The study concluded that power plants emit more carbon pollution in countries where vast amounts of fossil fuel reserves would be stranded under the Paris Agreement. 

This is especially true for the United States and Russia, where up to 16 per cent and 12 per cent of their electricity sector’s carbon budget could be spent within 10 years mainly for replacing the ageing and highly polluting plants. 

The study was published in Nature Communications on August 30, 2024. It flagged countries’ regulatory leniency and plants’ vested interest in their long-term contracts. 

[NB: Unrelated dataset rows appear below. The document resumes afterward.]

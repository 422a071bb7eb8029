-- ===== src/Memory/Compaction/Isomorphism.antt =====
-- The objects after `compact` of vm/MemoryManager.cpp are the live ones before it.
use lodtalk.Prelude.{
  ℕ, ◌+◌, ◌-◌, ◌%◌, ◌≤◌, ◌<◌, ◌≡◌, refl, sym, ap, ◌∙◌, arith, List, [], ◌∷◌, map, Option, none,
  some, true, false, ◌==◌, if◌then◌else◌, Bool-cases, inl, inr,
}
use mathlib.Core.Path.{fun_ext}
use lodtalk.Outcome.{Outcome, ok}
use lodtalk.ObjectModel.Oop.{word, is_pointer}
use lodtalk.Memory.VmHeap.{VmHeap, contains_pointer, set_size}
use lodtalk.Memory.Collector.Objects.{Color}
use lodtalk.Memory.Collector.Marking.{is_white}
use lodtalk.Memory.Compaction.Blocks.{AllocatedObject, header_offset}
use lodtalk.Memory.Compaction.Passes.{
  Move, object_at, second_pass, third_pass, update_pointer, update_each, update_natives, Compacted,
  compact, whiten,
}
use lodtalk.Memory.Compaction.Small.{IsSmall, IsSmall-compute_size, IsSmall-header_offset}
use lodtalk.Memory.Compaction.Forwarding.{
  AllSmall, bytes, last_free, dead_count, forwarded, first_pass-forwarded, address_after,
  forwarded_word-address,
}
use lodtalk.Memory.Compaction.Sliding.{
  Slid, slid, done, freed, moved, new_words, Updatable, passes-Slid,
}
use lodtalk.Memory.Compaction.Moves.{IsSmall-slid}

-- The object whose header is at an address, among the objects that were moved.
abbrev pub object_moved_to : List Move → ℕ → Option AllocatedObject
object_moved_to [] pointer = none
object_moved_to (m ∷ ms) pointer =
    if pointer == m.destination + header_offset m.moved
    then some m.moved
    else object_moved_to ms pointer

-- The object `b` is at `q` bytes, has the words that `f` gives, and nothing else of it has changed
-- but its forwarding pointer and its colour.
pub record Arrived (f : ℕ → Outcome ℕ) (b : AllocatedObject) (ms : List Move) (q : ℕ) : Type 0 where
  pub words : List ℕ
  pub updated : new_words f b ≡ ok words
  pub there : object_moved_to ms (q + 8) ≡ some (slid q b words)

some_eq : (b c : AllocatedObject) → some b ≡ some c → b ≡ c
some_eq b c e = cc

not_dead :
    (c b : AllocatedObject)
    → is_white c.gc_color ≡ true
    → is_white b.gc_color ≡ false
    → some c ≡ some b
    → ⊥
not_dead c b dead alive e =
    false_not_true
      (sym alive ∙ ap (λ (o : AllocatedObject). is_white o.gc_color) (sym (some_eq c b e)) ∙ dead)
  where
    false_not_true : false ≡ true → ⊥
    false_not_true e = cc

object_at-head :
    (live : ℕ) (c : AllocatedObject) (bs : List AllocatedObject) (pointer : ℕ)
    → IsSmall c
    → object_at live (c ∷ bs) pointer
      ≡ (if pointer == live + 8 then some c else object_at (live + bytes c) bs pointer)
unfolding object_at
object_at-head live c bs pointer small =
    rw (IsSmall-header_offset c small, IsSmall-compute_size c small) refl

module _ (f : ℕ → Outcome ℕ) (nil_object : ℕ) where
  pub Slid-Arrived :
      {live free : ℕ} {bs : List AllocatedObject} {ms : List Move}
      → Slid f live free bs ms
      → AllSmall bs
      → free % 8 ≡ 0
      → (pointer : ℕ) (b : AllocatedObject) → object_at live bs pointer ≡ some b
      → is_white b.gc_color ≡ false
      → (q : ℕ) × (address_after nil_object live free bs pointer ≡ ok (q + 8))
        × (free ≤ q)
        × Arrived f b ms q
  unfolding object_at
  Slid-Arrived done small aligned pointer b found alive = absurd (cc found)
  Slid-Arrived {live} {free} (freed {bs = bs} c dead rest) small aligned pointer b found alive =
      let found' = sym (object_at-head live c bs pointer small.0) ∙ found in
      elim (Bool-cases (pointer == live + 8)) [
        | inl here ↦ absurd (not_dead c b dead alive (rw here at found'))
        | inr there ↦
            let (q, address, le, arrived) =
              Slid-Arrived rest small.1 aligned pointer b (rw there at found') alive in
            (q, rw (there, dead) address, le, arrived)
      ]
  Slid-Arrived {live} {free} (moved {bs = bs} {moves = ms} c ws live_c words rest) small aligned
        pointer b found alive =
      let found' = sym (object_at-head live c bs pointer small.0) ∙ found in
      let offset =
        IsSmall-header_offset (slid free c ws) (IsSmall-slid free c ws small.0 aligned) in
      elim (Bool-cases (pointer == live + 8)) [
        | inl here ↦
            let same : c ≡ b = some_eq c b (rw here at found') in
            let first : (free + 8 == free + 8) ≡ true = ground arith in
            (
              free,
              rw (here, live_c) refl,
              omega arith,
              record {
                words = ws;
                updated = rw (← same) words;
                there = rw (offset, first) (ap (λ o. some (slid free o ws)) same);
              },
            )
        | inr there ↦
            let (q, address, le, arrived) =
              Slid-Arrived rest small.1 (omega arith) pointer b (rw there at found') alive in
            let past : (q + 8 == free + 8) ≡ false = ground arith in
            (
              q,
              rw (there, live_c) address,
              omega arith,
              record {
                words = arrived.words;
                updated = arrived.updated;
                there = rw (offset, past) arrived.there;
              },
            )
      ]

-- What a word becomes, by where the objects go. `native_color` is the colour of the objects that
-- are not in the heap.
module _ (nil_object : ℕ) (native_color : ℕ → Color) (heap : VmHeap)
    (objects : List AllocatedObject) where
  unfoldable pub relocate : ℕ → Outcome ℕ
  relocate pointer =
      if is_pointer pointer
      then (if contains_pointer heap pointer
          then address_after nil_object heap.address_space heap.address_space objects pointer
          else (if is_white (native_color pointer) then ok nil_object else ok pointer))
      else ok pointer

  update_pointer-relocate :
      AllSmall objects
      → heap.address_space % 8 ≡ 0
      → (pointer : ℕ)
      → update_pointer nil_object native_color heap (forwarded heap.address_space objects) pointer
        ≡ relocate pointer
  unfolding update_pointer relocate
  update_pointer-relocate small aligned pointer =
      rw
        (forwarded_word-address nil_object heap.address_space heap.address_space objects pointer
          small aligned)
        refl

  pub relocate-eq :
      (pointer : ℕ)
      → is_pointer pointer ≡ true
      → contains_pointer heap pointer ≡ true
      → relocate pointer
        ≡ address_after nil_object heap.address_space heap.address_space objects pointer
  unfolding relocate
  relocate-eq pointer ptr inside = rw (ptr, inside) refl

  -- `compact` by its passes.
  pub compact-passes :
      (roots roots' : List ℕ) (natives natives' us : List AllocatedObject)
      → AllSmall objects
      → heap.address_space % 8 ≡ 0
      → last_free heap.address_space objects + 8 < word
      → 0 < dead_count objects
      → second_pass relocate (forwarded heap.address_space objects) ≡ ok us
      → update_each relocate roots ≡ ok roots'
      → update_natives relocate natives ≡ ok natives'
      → compact nil_object native_color heap objects roots natives
        ≡ ok (record {
          heap = set_size heap (last_free heap.address_space objects - heap.address_space);
          objects = third_pass heap.address_space us;
          roots = roots';
          natives = map whiten natives';
        })
  unfolding compact
  compact-passes roots roots' natives natives' us small aligned room some_dead second root native =
      let some : (dead_count objects == 0) ≡ false = ground arith in
      let same : update_pointer nil_object native_color heap (forwarded heap.address_space objects)
          ≡ relocate =
        fun_ext (update_pointer-relocate small aligned) in
      rw
        (
          first_pass-forwarded heap.address_space objects small aligned room,
          some,
          same,
          second,
          root,
          native,
        )
        refl

  -- compact, on a heap of small objects of which some are white. Let `b` be an object that is not
  -- white, and `pointer` the address of its header. Then the object stands after compact at the
  -- address that its forwarding pointer gives, which is the address that relocate gives for every
  -- pointer to it; its slots and literals are relocated, its format and size are kept, and its colour
  -- is white. The heap now has just the size of the objects that were not white. The roots are
  -- relocated too. All pointers in live objects, roots and native objects must be relocatable: those
  -- into the heap point to headers.
  pub compact-Arrived :
      (roots roots' : List ℕ) (natives natives' : List AllocatedObject)
      → AllSmall objects
      → heap.address_space % 8 ≡ 0
      → last_free heap.address_space objects + 8 < word
      → 0 < dead_count objects
      → Updatable relocate objects
      → update_each relocate roots ≡ ok roots'
      → update_natives relocate natives ≡ ok natives'
      → (pointer : ℕ) (b : AllocatedObject) → object_at heap.address_space objects pointer ≡ some b
      → is_white b.gc_color ≡ false
      → is_pointer pointer ≡ true
      → contains_pointer heap pointer ≡ true
      → (r : Compacted) × (compact nil_object native_color heap objects roots natives ≡ ok r)
        × (r.heap ≡ set_size heap (last_free heap.address_space objects - heap.address_space))
        × (r.roots ≡ roots')
        × (q : ℕ) × (relocate pointer ≡ ok (q + 8))
        × Arrived relocate b r.objects q
  compact-Arrived roots roots' natives natives' small aligned room some_dead up root native pointer
        b found alive ptr inside =
      let (us, second, slides) =
        passes-Slid relocate heap.address_space heap.address_space objects small up aligned room in
      let (q, address, _, arrived) =
        Slid-Arrived relocate nil_object slides small aligned pointer b found alive in
      (
        record {
          heap = set_size heap (last_free heap.address_space objects - heap.address_space);
          objects = third_pass heap.address_space us;
          roots = roots';
          natives = map whiten natives';
        },
        compact-passes roots roots' natives natives' us small aligned room some_dead second root
            native,
        refl,
        refl,
        q,
        relocate-eq pointer ptr inside ∙ address,
        arrived,
      )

At-risk reserves motivate contractually bound plants to accelerate the processing and burning of their purchased inputs. The findings indicate that stranded assets and plants’ capacity utilisation rates positively interact - causing plants to further increase their emissions. 

The term ‘stranded assets’ refers to the premature suspension of production of an asset (power plants in this case) before the completion of the economic cycle.  

While the excess carbon released annually due to the stranded asset effect is moderate, its cumulative effect on the power sector’s remaining carbon budget could be significant in certain key countries, the study pointed out.

Using a worldwide data source on individual power plants’ CO2 emissions and the value of countries’ at-risk fossil fuel assets, researchers showed that between 2009 and 2018, plants emitted more CO2 in countries where more assets would be devalued under a 1.5 °C scenario. This may be due to these countries’ regulatory leniency and plants’ vested interest in long-term fossil fuel contracts.

The study focused on plants’ environmental performance between 2009 and 2018 because it is stated to be the time period when most international climate treaties were and are yet to be fully enforced.

Therefore, the time period is well suited for examining whether these plants will emit carbon at higher levels in anticipation of what the treaty enforcement will do to the future value of fossil fuel assets.

Power plants are amongst the world’s largest emitters of CO2 and are the primary cause for global warming. Almost 20 per cent of current global power plant capacity is at the risk of being stranded in order to meet the climate commitments set out in the Paris Agreement, stated a May 2018 study published in the journal Environmental Research Letters.

Also, by 2050, nearly 60 per cent of oil and fossil methane gas and 90 per cent of coal must remain unextracted to keep within a 1.5 °C carbon budget, according to a 2022 study published in the journal Nature

Under this scenario, the world would be left with fossil fuel resources that cannot be burned and fossil fuel infrastructure (pipelines, power plants) that is no longer used and may end up as liability before the end of its anticipated economic lifetime.